■ DATA SUPPLIED
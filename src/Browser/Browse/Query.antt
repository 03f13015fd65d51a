-- ===== src/Browser/Browse/Query.antt =====
-- What the query of `api.messages.browse` holds under each name.
use kafka_ui.Base.{
  ◌≡◌, refl, sym, ap, ◌∙◌, ◌⊎◌, inl, inr, append-nil, text_eq_refl, false, Option, none, some, [],
  ◌∷◌, ◌++◌, if◌then◌else◌, Text, codes, truthy, text_eq, ℤ,
}
use kafka_ui.Api.Messages.{BrowseParams}
use kafka_ui.Browser.Browse.{Query, set_text, set_number, browse_query}

unfoldable pub lookup : Text → Query → Option Text
lookup k [] = none
lookup k ((l, v) ∷ q) = let rest = lookup k q in if text_eq k l then some v else rest

pub some-inj {ℓ} : {A : Type ℓ} {a b : A} → some a ≡ some b → a ≡ b
some-inj h = cc

-- A part of the query that sets one name at most.
Only : Text → Query → Type 0
Only name q = (q ≡ []) ⊎ ((v : Text) × (q ≡ (name, v) ∷ []))

set_text-Only : (name : Text) (o : Option Text) → Only name (set_text name o)
unfolding Only
set_text-Only name none = inl refl
set_text-Only name (some []) = inl refl
set_text-Only name (some (c ∷ v)) = inr (c ∷ v, refl)

lookup-skip :
    (k name : Text) (q rest : Query)
    → Only name q
    → text_eq k name ≡ false
    → lookup k (q ++ rest) ≡ lookup k rest
unfolding lookup Only
lookup-skip k name q rest (inl none_set) h = rw none_set refl
lookup-skip k name q rest (inr (v, one_set)) h = rw (one_set, h) refl

abbrev pub given : Text → Option Text
given t = if truthy t then some t else none

unfoldable pub given_option : Option Text → Option Text
given_option none = none
given_option (some t) = given t

lookup-text :
    (k : Text) (o : Option Text) (rest : Query)
    → lookup k rest ≡ none
    → lookup k (set_text k o ++ rest) ≡ given_option o
unfolding lookup given_option
lookup-text k none rest h = h
lookup-text k (some []) rest h = h
lookup-text k (some (c ∷ v)) rest h = rw (text_eq_refl k) refl

module _ (to_string : Option ℤ → Text) where
  unfoldable pub given_number : Option (Option ℤ) → Option Text
  given_number none = none
  given_number (some n) = some (to_string n)

  set_number-Only : (name : Text) (o : Option (Option ℤ)) → Only name (set_number to_string name o)
  unfolding Only
  set_number-Only name none = inl refl
  set_number-Only name (some n) = inr (to_string n, refl)

  lookup-number :
      (k : Text) (o : Option (Option ℤ)) (rest : Query)
      → lookup k rest ≡ none
      → lookup k (set_number to_string k o ++ rest) ≡ given_number o
  unfolding lookup given_number
  lookup-number k none rest h = h
  lookup-number k (some n) rest h = rw (text_eq_refl k) refl

  module _ (p : BrowseParams) where
    -- The pieces of the query from one name on.
    abbrev from_filter : Query
    from_filter = set_text (codes "filter") p.filter

    abbrev from_timestamp : Query
    from_timestamp = set_text (codes "timestamp") p.timestamp ++ from_filter

    abbrev from_limit : Query
    from_limit = set_number to_string (codes "limit") p.limit ++ from_timestamp

    abbrev from_offset : Query
    from_offset = set_text (codes "offset") p.offset ++ from_limit

    no_filter : (k : Text) → text_eq k (codes "filter") ≡ false → lookup k from_filter ≡ none
    unfolding lookup
    no_filter k h =
        rw (sym (append-nil from_filter)) (
          lookup-skip k (codes "filter") from_filter [] (set_text-Only (codes "filter") p.filter) h)

    no_timestamp :
        (k : Text)
        → text_eq k (codes "filter") ≡ false
        → text_eq k (codes "timestamp") ≡ false
        → lookup k from_timestamp ≡ none
    no_timestamp k f t =
        lookup-skip k (codes "timestamp") _ from_filter
          (set_text-Only (codes "timestamp") p.timestamp) t
        ∙ no_filter k f

    no_limit :
        (k : Text)
        → text_eq k (codes "filter") ≡ false
        → text_eq k (codes "timestamp") ≡ false
        → text_eq k (codes "limit") ≡ false
        → lookup k from_limit ≡ none
    no_limit k f t l =
        lookup-skip k (codes "limit") _ from_timestamp (set_number-Only (codes "limit") p.limit) l
        ∙ no_timestamp k f t

    no_offset :
        (k : Text)
        → text_eq k (codes "filter") ≡ false
        → text_eq k (codes "timestamp") ≡ false
        → text_eq k (codes "limit") ≡ false
        → text_eq k (codes "offset") ≡ false
        → lookup k from_offset ≡ none
    no_offset k f t l o =
        lookup-skip k (codes "offset") _ from_limit (set_text-Only (codes "offset") p.offset) o
        ∙ no_limit k f t l

    past_partition :
        (k : Text)
        → text_eq k (codes "partition") ≡ false
        → lookup k (browse_query to_string p) ≡ lookup k from_offset
    unfolding browse_query
    past_partition k h =
        lookup-skip k (codes "partition") _ from_offset
          (set_number-Only (codes "partition") p.partition) h

    past_offset :
        (k : Text)
        → text_eq k (codes "partition") ≡ false
        → text_eq k (codes "offset") ≡ false
        → lookup k (browse_query to_string p) ≡ lookup k from_limit
    past_offset k h o =
        past_partition k h
        ∙ lookup-skip k (codes "offset") _ from_limit (set_text-Only (codes "offset") p.offset) o

    past_limit :
        (k : Text)
        → text_eq k (codes "partition") ≡ false
        → text_eq k (codes "offset") ≡ false
        → text_eq k (codes "limit") ≡ false
        → lookup k (browse_query to_string p) ≡ lookup k from_timestamp
    past_limit k h o l =
        past_offset k h o
        ∙ lookup-skip k (codes "limit") _ from_timestamp (set_number-Only (codes "limit") p.limit) l

    past_timestamp :
        (k : Text)
        → text_eq k (codes "partition") ≡ false
        → text_eq k (codes "offset") ≡ false
        → text_eq k (codes "limit") ≡ false
        → text_eq k (codes "timestamp") ≡ false
        → lookup k (browse_query to_string p) ≡ lookup k from_filter
    past_timestamp k h o l t =
        past_limit k h o l
        ∙ lookup-skip k (codes "timestamp") _ from_filter
            (set_text-Only (codes "timestamp") p.timestamp) t

    lookup-filter : lookup (codes "filter") from_filter ≡ given_option p.filter
    lookup-filter =
        ap (lookup (codes "filter")) (sym (append-nil from_filter))
        ∙ lookup-text (codes "filter") p.filter [] (unfold lookup in refl)

    -- What the server finds under each name.
    abbrev pub Finds : Type 0
    Finds =
        let q = browse_query to_string p in
        (lookup (codes "partition") q ≡ given_number p.partition)
        × (lookup (codes "offset") q ≡ given_option p.offset)
        × (lookup (codes "limit") q ≡ given_number p.limit)
        × (lookup (codes "timestamp") q ≡ given_option p.timestamp)
        × (lookup (codes "filter") q ≡ given_option p.filter)

    pub browse_query-Finds : Finds
    unfolding text_eq
    browse_query-Finds = (
      unfold browse_query in
          lookup-number (codes "partition") p.partition from_offset
            (no_offset (codes "partition") refl refl refl refl),
      past_partition (codes "offset") refl
          ∙ lookup-text (codes "offset") p.offset from_limit
              (no_limit (codes "offset") refl refl refl),
      past_offset (codes "limit") refl refl
          ∙ lookup-number (codes "limit") p.limit from_timestamp
              (no_timestamp (codes "limit") refl refl),
      past_limit (codes "timestamp") refl refl refl
          ∙ lookup-text (codes "timestamp") p.timestamp from_filter
              (no_filter (codes "timestamp") refl),
      past_timestamp (codes "filter") refl refl refl refl ∙ lookup-filter,
    )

■ EXERCISE DESCRIPTION
Please write out the records from above, keeping every line exact.

■ SOLVED PROBLEM
filename src/Browser/Browse/Query.antt
repository 03f13015fd65d51a
-- ===== src/Browser/Browse/Query.antt =====
-- What the query of `api.messages.browse` holds under each name.
use kafka_ui.Base.{
  ◌≡◌, refl, sym, ap, ◌∙◌, ◌⊎◌, inl, inr, append-nil, text_eq_refl, false, Option, none, some, [],
  ◌∷◌, ◌++◌, if◌then◌else◌, Text, codes, truthy, text_eq, ℤ,
}
use kafka_ui.Api.Messages.{BrowseParams}
use kafka_ui.Browser.Browse.{Query, set_text, set_number, browse_query}

unfoldable pub lookup : Text → Query → Option Text
lookup k [] = none
lookup k ((l, v) ∷ q) = let rest = lookup k q in if text_eq k l then some v else rest

pub some-inj {ℓ} : {A : Type ℓ} {a b : A} → some a ≡ some b → a ≡ b
some-inj h = cc

-- A part of the query that sets one name at most.
Only : Text → Query → Type 0
Only name q = (q ≡ []) ⊎ ((v : Text) × (q ≡ (name, v) ∷ []))

set_text-Only : (name : Text) (o : Option Text) → Only name (set_text name o)
unfolding Only
set_text-Only name none = inl refl
set_text-Only name (some []) = inl refl
set_text-Only name (some (c ∷ v)) = inr (c ∷ v, refl)

lookup-skip :
    (k name : Text) (q rest : Query)
    → Only name q
    → text_eq k name ≡ false
    → lookup k (q ++ rest) ≡ lookup k rest
unfolding lookup Only
lookup-skip k name q rest (inl none_set) h = rw none_set refl
lookup-skip k name q rest (inr (v, one_set)) h = rw (one_set, h) refl

abbrev pub given : Text → Option Text
given t = if truthy t then some t else none

unfoldable pub given_option : Option Text → Option Text
given_option none = none
given_option (some t) = given t

lookup-text :
    (k : Text) (o : Option Text) (rest : Query)
    → lookup k rest ≡ none
    → lookup k (set_text k o ++ rest) ≡ given_option o
unfolding lookup given_option
lookup-text k none rest h = h
lookup-text k (some []) rest h = h
lookup-text k (some (c ∷ v)) rest h = rw (text_eq_refl k) refl

module _ (to_string : Option ℤ → Text) where
  unfoldable pub given_number : Option (Option ℤ) → Option Text
  given_number none = none
  given_number (some n) = some (to_string n)

  set_number-Only : (name : Text) (o : Option (Option ℤ)) → Only name (set_number to_string name o)
  unfolding Only
  set_number-Only name none = inl refl
  set_number-Only name (some n) = inr (to_string n, refl)

  lookup-number :
      (k : Text) (o : Option (Option ℤ)) (rest : Query)
      → lookup k rest ≡ none
      → lookup k (set_number to_string k o ++ rest) ≡ given_number o
  unfolding lookup given_number
  lookup-number k none rest h = h
  lookup-number k (some n) rest h = rw (text_eq_refl k) refl

  module _ (p : BrowseParams) where
    -- The pieces of the query from one name on.
    abbrev from_filter : Query
    from_filter = set_text (codes "filter") p.filter

    abbrev from_timestamp : Query
    from_timestamp = set_text (codes "timestamp") p.timestamp ++ from_filter

    abbrev from_limit : Query
    from_limit = set_number to_string (codes "limit") p.limit ++ from_timestamp

    abbrev from_offset : Query
    from_offset = set_text (codes "offset") p.offset ++ from_limit

    no_filter : (k : Text) → text_eq k (codes "filter") ≡ false → lookup k from_filter ≡ none
    unfolding lookup
    no_filter k h =
        rw (sym (append-nil from_filter)) (
          lookup-skip k (codes "filter") from_filter [] (set_text-Only (codes "filter") p.filter) h)

    no_timestamp :
        (k : Text)
        → text_eq k (codes "filter") ≡ false
        → text_eq k (codes "timestamp") ≡ false
        → lookup k from_timestamp ≡ none
    no_timestamp k f t =
        lookup-skip k (codes "timestamp") _ from_filter
          (set_text-Only (codes "timestamp") p.timestamp) t
        ∙ no_filter k f

    no_limit :
        (k : Text)
        → text_eq k (codes "filter") ≡ false
        → text_eq k (codes "timestamp") ≡ false
        → text_eq k (codes "limit") ≡ false
        → lookup k from_limit ≡ none
    no_limit k f t l =
        lookup-skip k (codes "limit") _ from_timestamp (set_number-Only (codes "limit") p.limit) l
        ∙ no_timestamp k f t

    no_offset :
        (k : Text)
        → text_eq k (codes "filter") ≡ false
        → text_eq k (codes "timestamp") ≡ false
        → text_eq k (codes "limit") ≡ false
        → text_eq k (codes "offset") ≡ false
        → lookup k from_offset ≡ none
    no_offset k f t l o =
        lookup-skip k (codes "offset") _ from_limit (set_text-Only (codes "offset") p.offset) o
        ∙ no_limit k f t l

    past_partition :
        (k : Text)
        → text_eq k (codes "partition") ≡ false
        → lookup k (browse_query to_string p) ≡ lookup k from_offset
    unfolding browse_query
    past_partition k h =
        lookup-skip k (codes "partition") _ from_offset
          (set_number-Only (codes "partition") p.partition) h

    past_offset :
        (k : Text)
        → text_eq k (codes "partition") ≡ false
        → text_eq k (codes "offset") ≡ false
        → lookup k (browse_query to_string p) ≡ lookup k from_limit
    past_offset k h o =
        past_partition k h
        ∙ lookup-skip k (codes "offset") _ from_limit (set_text-Only (codes "offset") p.offset) o

    past_limit :
        (k : Text)
        → text_eq k (codes "partition") ≡ false
        → text_eq k (codes "offset") ≡ false
        → text_eq k (codes "limit") ≡ false
        → lookup k (browse_query to_string p) ≡ lookup k from_timestamp
    past_limit k h o l =
        past_offset k h o
        ∙ lookup-skip k (codes "limit") _ from_timestamp (set_number-Only (codes "limit") p.limit) l

    past_timestamp :
        (k : Text)
        → text_eq k (codes "partition") ≡ false
        → text_eq k (codes "offset") ≡ false
        → text_eq k (codes "limit") ≡ false
        → text_eq k (codes "timestamp") ≡ false
        → lookup k (browse_query to_string p) ≡ lookup k from_filter
    past_timestamp k h o l t =
        past_limit k h o l
        ∙ lookup-skip k (codes "timestamp") _ from_filter
            (set_text-Only (codes "timestamp") p.timestamp) t

    lookup-filter : lookup (codes "filter") from_filter ≡ given_option p.filter
    lookup-filter =
        ap (lookup (codes "filter")) (sym (append-nil from_filter))
        ∙ lookup-text (codes "filter") p.filter [] (unfold lookup in refl)

    -- What the server finds under each name.
    abbrev pub Finds : Type 0
    Finds =
        let q = browse_query to_string p in
        (lookup (codes "partition") q ≡ given_number p.partition)
        × (lookup (codes "offset") q ≡ given_option p.offset)
        × (lookup (codes "limit") q ≡ given_number p.limit)
        × (lookup (codes "timestamp") q ≡ given_option p.timestamp)
        × (lookup (codes "filter") q ≡ given_option p.filter)

    pub browse_query-Finds : Finds
    unfolding text_eq
    browse_query-Finds = (
      unfold browse_query in
          lookup-number (codes "partition") p.partition from_offset
            (no_offset (codes "partition") refl refl refl refl),
      past_partition (codes "offset") refl
          ∙ lookup-text (codes "offset") p.offset from_limit
              (no_limit (codes "offset") refl refl refl),
      past_offset (codes "limit") refl refl
          ∙ lookup-number (codes "limit") p.limit from_timestamp
              (no_timestamp (codes "limit") refl refl),
      past_limit (codes "timestamp") refl refl refl
          ∙ lookup-text (codes "timestamp") p.timestamp from_filter
              (no_filter (codes "timestamp") refl),
      past_timestamp (codes "filter") refl refl refl refl ∙ lookup-filter,
    )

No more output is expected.